Incident Summary:
Last Tuesday, November 4, starting 9:08 AM UTC, our support team received various reports from different users about an error message when starting the Schoolyear Windows application ("exit code 1"). A signification portion of the students were unable to start Schoolyear on their Windows machine and faced a blank screen with a single error popup.
Exit code 1 is shown by an anti-cheat mechanism of our Windows application. During startup, the application does a self-check to verify its files have not been tampered with. As a means of self-protection, it exits as soon as it finds a such a discrepancy, leading to the "Exit code 1" message.
At 9:18 AM, the Schoolyear development team performed a version rollback of the Windows application, reverting the automatic update that was released that night (v3.17.5). The rollback was instant, meaning that when a student started the application at that point, the previous version was started. This resolved the issue and allowed students to start their exam. However, it did mean that the changes in the automatic update from that night were not in effect.
Once the immediate issue was resolved, the Schoolyear development team investigated the issue and released a new version with included the intended changes of the automatic update and a modified version of the self-check (3.17.6). This version was rolled-out throughout the remainder of the day.
Leadup:
On the previous evening, an update was scheduled for all customers. This update had been widely tested both internally and on beta on which it had been in use for more than a week without problems.
This update was a major update, meaning that it required a full replacement of its installation directory.
Fault:
As apposed to the major update of that evening, a patch update had been released the week before (Oct 28, from v3.15.6 to v3.15.11), meaning that only a small portion of the installation directory had to be updated.
Patch updates only require a ~20MB download, while major updates require a ~180MB download. To limit the network impact our application has, we try to use patch updates as much as possible.

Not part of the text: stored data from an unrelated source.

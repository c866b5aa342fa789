-- ===== src/Server/EngineFeedServer/Leaving.antt =====
-- However a handler ends, its subscriber is gone (server/src/engine_feed_server.cpp, `pump`).
use Prim.Native.String.{String}
use order_book_engine.Prelude.{
  ℕ, ◌+◌, ◌<◌, true, Option, none, some, List, [], ◌∷◌, ◌≡◌, ◌≢◌, refl, inl, inr, ◌⊎◌, arith,
  Option-cases, if_both, Assoc, lookup, find_name, is_some,
}
use order_book_engine.Book.State.{word}
use order_book_engine.Server.Subscription.{FeedItem, EndReason, is_ended}
use order_book_engine.Server.Publisher.{SubscriberKind, Publisher, by_gateway, read, unsubscribe}
use order_book_engine.Server.Publisher.Subscribing.{SubscribeError, replay_count}
use order_book_engine.Server.Publisher.Consistent.{IsConsistent}
use order_book_engine.Server.Publisher.Consistent.Dropping.{drop-IsConsistent}
use order_book_engine.Server.Publisher.Opening.{subscribe-Answers}
use order_book_engine.Server.Publisher.Views.Keeping.{drop_none, drop_self}
use order_book_engine.Prelude.{All}
use order_book_engine.Server.Publisher.Views.Absent.{IsAbsent}
use order_book_engine.Server.Publisher.Views.Sessions.{opens_in, Action, act_all}
use order_book_engine.Server.Publisher.{PublisherOptions}
use order_book_engine.Server.Publisher.Joining.Others.{subscribe-Joins, subscribe-Notes}
use order_book_engine.Server.EngineFeedServer.Room.{
  Able, less-Able, read-Able, RoomFor, IsBounded, SameHistory-IsBounded, act_all-Acts,
}
use order_book_engine.Server.EngineFeedServer.{
  StatusCode, Turn, Pumped, leave_with, then_go_on, unless_ended, send, after_read, pump,
  pump_opened, serve_subscribe, and_send, end_status, reason_of, fills, refuse,
}

-- The subscriber is not registered, and no gateway names it.
abbrev pub IsGone : ℕ → Publisher → Type 0
IsGone id p =
    IsAbsent id p
    × ((kind : SubscriberKind) (g : String) → find_name g (by_gateway kind p) ≢ some id)

-- The handler still runs, or has ended and its subscriber is gone.
abbrev pub Leaves : ℕ → Option Pumped → Type 0
Leaves id o =
    (r : Pumped) × (o ≡ some r)
    × IsConsistent r.publisher
    × ((r.status ≡ none) ⊎ IsGone id r.publisher)

absent-IsGone : (id : ℕ) (p : Publisher) → IsConsistent p → IsAbsent id p → IsGone id p
absent-IsGone id p c absent = (
  absent,
  λ kind g named.
      let (entry, there, same, s, found, name) = c.named kind g id named in
      absurd (ground (arith, absent, there)),
)

unsubscribe-IsAbsent : (id : ℕ) (p : Publisher) → IsConsistent p → IsAbsent id (unsubscribe id p)
unsubscribe-IsAbsent id p c = elim (Option-cases (lookup id p.subscribers)) [
  | inl gone ↦ drop_none id id EndReason.unsubscribed p gone
  | inr (entry, there) ↦
      let (s, found, running, small, name) = c.registered id entry there in
      drop_self id EndReason.unsubscribed p s found
]

leave_with-Leaves :
    (code : StatusCode) (id : ℕ) (p : Publisher) → IsConsistent p → Leaves id (leave_with code id p)
leave_with-Leaves code id p c =
    let d = drop-IsConsistent id EndReason.unsubscribed p c in
    (_, refl, d, inr (absent-IsGone id (unsubscribe id p) d (unsubscribe-IsAbsent id p c)))

-- What the rest of a handler does after the steps of the others.
then_go_on-Leaves :
    (o : PublisherOptions) (n id : ℕ) (acts : List Action) (p : Publisher)
    (next : Publisher → Option Pumped)
    → Able o (opens_in acts + n) p
    → All (RoomFor o) acts
    → ((q : Publisher) → Able o n q → Leaves id (next q))
    → Leaves id (then_go_on (act_all id acts p) next)
then_go_on-Leaves o n id acts p next h room rest =
    let (q, taken, done, k) = act_all-Acts o n id acts p h room in rw done (rest q k)

and_send-Leaves :
    (id : ℕ) (item : FeedItem) (o : Option Pumped) → Leaves id o → Leaves id (and_send item o)
and_send-Leaves id item o (r, e, c, how) = rw e (record r { sent = item ∷ r.sent }, refl, c, how)

send-Leaves :
    (kind : SubscriberKind) (id : ℕ) (t : Turn) (next : Publisher → Option Pumped) (item : FeedItem)
    (p : Publisher)
    → IsConsistent p
    → Leaves id (next p)
    → Leaves id (send kind id t next item p)
send-Leaves kind id t next item p c rest =
    if_both (Leaves id) (fills kind item) _ _
      (λ filled.
        if_both (Leaves id) t.writes _ _ (λ sent. and_send-Leaves id item (next p) rest)
          (λ broken. leave_with-Leaves StatusCode.cancelled id p c))
      (λ skipped. rest)

after_read-Leaves :
    (o : PublisherOptions) (n : ℕ) (kind : SubscriberKind) (id : ℕ) (t : Turn)
    (next : Publisher → Option Pumped) (item : Option FeedItem) (p : Publisher)
    → Able o (opens_in t.between + n) p
    → All (RoomFor o) t.between
    → ((q : Publisher) → Able o n q → Leaves id (next q))
    → Leaves id (after_read kind id t next (item, p))
after_read-Leaves o n kind id t next none p h room rest =
    then_go_on-Leaves o n id t.between p (unless_ended id next) h room (λ q k.
      let reason = reason_of (lookup id q.subscriptions) in
      if_both (Leaves id) (is_ended reason) _ _
        (λ over. leave_with-Leaves (end_status reason) id q k.consistent) (λ running. rest q k))
after_read-Leaves o n kind id t next (some item) p h room rest =
    send-Leaves kind id t next item p h.consistent
      (rest p (less-Able o (opens_in t.between + n) n p (omega arith) h))

-- The ids that the other handlers take during the turns, and the room that they need.
abbrev pub opens_during : List Turn → ℕ
opens_during [] = 0
opens_during (t ∷ ts) = opens_in t.before + (opens_in t.between + opens_during ts)

abbrev pub Rooms : PublisherOptions → Turn → Type 0
Rooms o t = All (RoomFor o) t.before × All (RoomFor o) t.between

pub pump-Leaves :
    (o : PublisherOptions) (kind : SubscriberKind) (id : ℕ) (turns : List Turn) (p : Publisher)
    → Able o (opens_during turns) p
    → All (Rooms o) turns
    → Leaves id (pump kind id turns p)
unfolding pump
pump-Leaves o kind id [] p h room = (_, refl, h.consistent, inl refl)
pump-Leaves o kind id (t ∷ ts) p h room =
    let later = opens_in t.between + opens_during ts in
    if_both (Leaves id) t.cancelled _ _
      (λ away. leave_with-Leaves StatusCode.cancelled id p h.consistent)
      (λ here. then_go_on-Leaves o later id t.before p _ h room.0.0 (λ q k.
        after_read-Leaves o (opens_during ts) kind id t (pump kind id ts) (read id q).0
          (read id q).1 (read-Able o later id q k) room.0.1
          (λ v e. pump-Leaves o kind id ts v e room.1)))

-- A refused call.
refused-Leaves :
    (kind : SubscriberKind) (turns : List Turn) (p : Publisher) (why : SubscribeError)
    (sub : Option ℕ)
    → why ≢ SubscribeError.none
    → pump_opened kind turns p why sub ≡ refuse why p
refused-Leaves kind turns p SubscribeError.none sub ne = absurd (ne refl)
refused-Leaves kind turns p SubscribeError.empty_gateway_id sub ne = refl
refused-Leaves kind turns p SubscribeError.gateway_already_subscribed sub ne = refl
refused-Leaves kind turns p SubscribeError.unknown_symbol sub ne = refl
refused-Leaves kind turns p SubscribeError.closed sub ne = refl
refused-Leaves kind turns p SubscribeError.bad_from_seq sub ne = refl
refused-Leaves kind turns p SubscribeError.too_old sub ne = refl

-- A status and no message, and the subscribers that were there.
abbrev pub IsTurnedAway : Publisher → Pumped → Type 0
IsTurnedAway p r =
    (is_some r.status ≡ true) × (r.sent ≡ []) × r.publisher.subscribers ≡ p.subscribers

-- On a publisher whose maps agree and whose histories are no longer than its replay window, while ids
-- and queue capacities do not overflow, no call that the handler of `Subscribe` makes to the publisher
-- throws, whatever outputs the publisher handles, whichever streams the other handlers read, leave or
-- open, and whatever the client does, and the maps agree after it. The handler answers with a status,
-- sends nothing and changes no subscriber; or it opens a stream under the next id, and still runs; or
-- it has ended, and then the subscriber is gone and no gateway names it.
pub serve_subscribe-Leaves :
    (g : String) (asked : List ℕ) (from : Assoc ℕ) (turns : List Turn) (p : Publisher)
    → IsConsistent p
    → IsBounded p
    → p.next_id + 1 + opens_during turns < word
    → p.options.queue_capacity + replay_count from p < word
    → All (Rooms p.options) turns
    → (r : Pumped) × (serve_subscribe g asked from turns p ≡ some r)
      × IsConsistent r.publisher
      × (IsTurnedAway p r ⊎ ((r.status ≡ none) ⊎ IsGone p.next_id r.publisher))
unfolding serve_subscribe
serve_subscribe-Leaves g asked from turns p c bounded left room rooms =
    let ids_left : p.next_id + 1 < word = omega (arith, left) in
    let (x, done, d, how) = subscribe-Answers g asked from p c ids_left room in
    elim how [
      | inl (wrong, nothing, no_requests, subs, store) ↦
          rw
            (
              done,
              refused-Leaves SubscriberKind.market turns x.publisher x.result.error
                  x.result.subscription wrong,
            )
            (_, refl, d, inl (refl, refl, subs))
      | inr (good, recent, result, requests, entry, s, found, name, items) ↦
          let (joins, few) = subscribe-Joins g asked from p x c ids_left done in
          let same = subscribe-Notes g asked from p x done in
          let able : Able p.options (opens_during turns) x.publisher = record {
            consistent = d;
            bounded = SameHistory-IsBounded p x.publisher same bounded;
            options = same.2;
            ids_left = omega (arith, left, few);
          } in
          let (r, e, f, ends) =
            pump-Leaves p.options SubscriberKind.market p.next_id turns x.publisher able rooms in
          rw (done, result, e) (r, refl, f, inr ends)
    ]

The patch update v3.15.11 added a new file the to installation directory, which in itself is a rare event. What was even more rare, was that this file was then immediately removed again in the new update (v.3.17.5). Before the release, the Schoolyear development team tested whether this file was indeed removed when updating from the previous version.

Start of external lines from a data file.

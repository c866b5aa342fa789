-- ===== src/Server/Worker/Streams/Flowing.antt =====
-- The outputs of a worker for one symbol, events and snapshots together (server/src/worker.cpp).
use order_book_engine.Prelude.{
  ℕ, Option, none, some, List, [], ◌∷◌, ◌≡◌, refl, sym, ap, subst, inl, inr, arith, Bool-cases,
  lookup, ◌==◌, ==_iff,
}
use order_book_engine.Book.State.{Book}
use order_book_engine.Book.Queries.{last_sequence, snapshot}
use order_book_engine.Server.Commands.{Command, Stamped, Output, TakeSnapshot}
use order_book_engine.Server.Worker.{
  Worker, with_book, snapshot_output, serve_command, serve, is_shutdown, after_outputs, then_serve,
  serve_all,
}
use order_book_engine.Server.Worker.Streams.Serving.{GoesOnIf, serve_command-GoesOn}
use order_book_engine.Server.Worker.Streams.Dating.{
  Stream, Stream-append, HasNone, Consecutive-Stream, serve_command-HasNone,
}

-- From a book without events to one without events, by a stream.
abbrev pub Flows : ℕ → Book → Worker → List Output → Type 0
Flows s b v outs =
    (c : Book) × (lookup s v.books ≡ some c) × (c.events ≡ []) × Stream s b.next_seq outs c.next_seq

abbrev FlowsIf : ℕ → Book → Option (Worker × List Output) → Type 0
FlowsIf s b none = Unit
FlowsIf s b (some (v, outs)) = Flows s b v outs

undated-FlowsIf :
    (s : ℕ) (b : Book) (o : Option (Worker × List Output))
    → GoesOnIf s b o
    → HasNone o
    → FlowsIf s b o
undated-FlowsIf s b none h k = tt
undated-FlowsIf s b (some (v, outs)) (c, there, empty, numbered) k =
    (c, there, empty, Consecutive-Stream s b.next_seq c.next_seq outs k numbered)

-- A snapshot is of the number before the next event of its book.
snapshot-FlowsIf :
    (arg : TakeSnapshot) (w : Worker) (s : ℕ) (b : Book) (found : Option Book)
    → lookup arg.symbol w.books ≡ found
    → lookup s w.books ≡ some b
    → b.events ≡ []
    → FlowsIf s b (with_book found (λ a. some (w, snapshot_output arg a ∷ [])))
unfolding snapshot
snapshot-FlowsIf arg w s b none e here empty = tt
snapshot-FlowsIf arg w s b (some a) e here empty = (
  b,
  here,
  empty,
  (
    elim (Bool-cases (s == arg.symbol)) [
      | inr other ↦ inl other
      | inl mine ↦
          let symbols : arg.symbol ≡ s = sym ((==_iff s arg.symbol).0 mine) in
          let found_here : lookup s w.books ≡ some a = rw (← symbols) e in
          let books : a ≡ b = ground (arith, found_here, here) in
          inr (ap (λ x. last_sequence x) books)
    ],
    refl,
  ),
)

serve_command-FlowsIf :
    (command : Command) (item : Stamped) (w : Worker) (s : ℕ) (b : Book)
    → lookup s w.books ≡ some b
    → b.events ≡ []
    → FlowsIf s b (serve_command command item w)
serve_command-FlowsIf (Command.take_snapshot arg) item w s b here empty =
    snapshot-FlowsIf arg w s b (lookup arg.symbol w.books) refl here empty
serve_command-FlowsIf command item w s b here empty =
    undated-FlowsIf s b (serve_command command item w)
      (serve_command-GoesOn command item w s b here empty)
      (serve_command-HasNone command item w refl)

after_outputs-FlowsIf :
    (s : ℕ) (b c : Book) (outs : List Output) (rest : Option (Worker × List Output))
    → Stream s b.next_seq outs c.next_seq
    → FlowsIf s c rest
    → FlowsIf s b (after_outputs outs rest)
after_outputs-FlowsIf s b c outs none h k = tt
after_outputs-FlowsIf s b c outs (some (v, more)) h (d, there, empty, next) =
    (d, there, empty, Stream-append s b.next_seq c.next_seq d.next_seq outs more h next)

then_serve-FlowsIf :
    (s : ℕ) (b : Book) (first : Option (Worker × List Output))
    (f : Worker → Option (Worker × List Output))
    → FlowsIf s b first
    → ((w : Worker) (c : Book) → lookup s w.books ≡ some c → c.events ≡ [] → FlowsIf s c (f w))
    → FlowsIf s b (then_serve first f)
then_serve-FlowsIf s b none f h k = tt
then_serve-FlowsIf s b (some (w, outs)) f (c, here, empty, stream) k =
    after_outputs-FlowsIf s b c outs (f w) stream (k w c here empty)

serve_all-FlowsIf :
    (items : List Stamped) (w : Worker) (s : ℕ) (b : Book)
    → lookup s w.books ≡ some b
    → b.events ≡ []
    → FlowsIf s b (serve_all items w)
unfolding serve_all serve
serve_all-FlowsIf [] w s b here empty = (b, here, empty, refl)
serve_all-FlowsIf (item ∷ items) w s b here empty = elim (Bool-cases (is_shutdown item.command)) [
  | inl over ↦ rw over (b, here, empty, refl)
  | inr more ↦ rw more (
      then_serve-FlowsIf s b (serve item w) (serve_all items)
        (serve_command-FlowsIf item.command item w s b here empty)
        (λ v c there cleared. serve_all-FlowsIf items v s c there cleared))
]

-- What a worker that serves its items without an exception outputs about one of its symbols, whose
-- book holds no events at first.
pub serve_all-Flows :
    (items : List Stamped) (w v : Worker) (outs : List Output) (s : ℕ) (b : Book)
    → serve_all items w ≡ some (v, outs)
    → lookup s w.books ≡ some b
    → b.events ≡ []
    → Flows s b v outs
serve_all-Flows items w v outs s b e here empty =
    subst (FlowsIf s b) e (serve_all-FlowsIf items w s b here empty)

Due to the way our software performs patch and major updates, this file was not removed when a student installed 3.15.6, then updated to 3.15.11 and then updated to 3.17.5. This particular sequence of updates was not tested by the development team.
On the morning of November 4, all Windows users in this particular sequence auto-updated to 3.17.5 before they started their exam. Upon start, the self-check detected the unexpected file and closed itself with "exit code 1".
Impact:
973 students were faced with the "exit code 1" message and were unable to start their exam unless they reinstalled the application manually. For students without admin permissions (e.g., managed devices), had to wait on the version rollback to restart their exam.
Response:
Within 10 minutes of the first issue being reported, Schoolyear reverted to the previous version, after which all impacted students were able to restart their exam.
After finding the root cause of the failure, the Schoolyear team is now developing and testing a mechanism to prevent this issue from ever happening again. Until this mechanism is released, we perform manual tests before each release to cover this edge-case.
Timeline:
- 00:00 - Major update is automatically rolled out to production.
- 9:08 - First user report of problems.
- 9:18 - Faulty update is rolled back.
- 10:10 - We confirm the issue is resolved for all users.
Reflection:
While we perform quite a bit of internal testing on many different hardware and software configurations before releasing an update to production, a test can only cover so many different scenarios. That is why updates are rolled out in stages. Most updates even run in a sandboxed portion of our application were their impact is limited.
Realistically, the only thing that could make this kind of release fail was an edge-case in the update mechanism that wasn't triggered during the staged rollout. Unfortunately, that was exactly what happened.
Looking back at this incident, we are grateful to have invested in the extensive monitoring systems that allowed us to pinpoint the faulty version within 30 seconds and the rapid rollback mechanism that allowed us to roll it back within 10 minutes.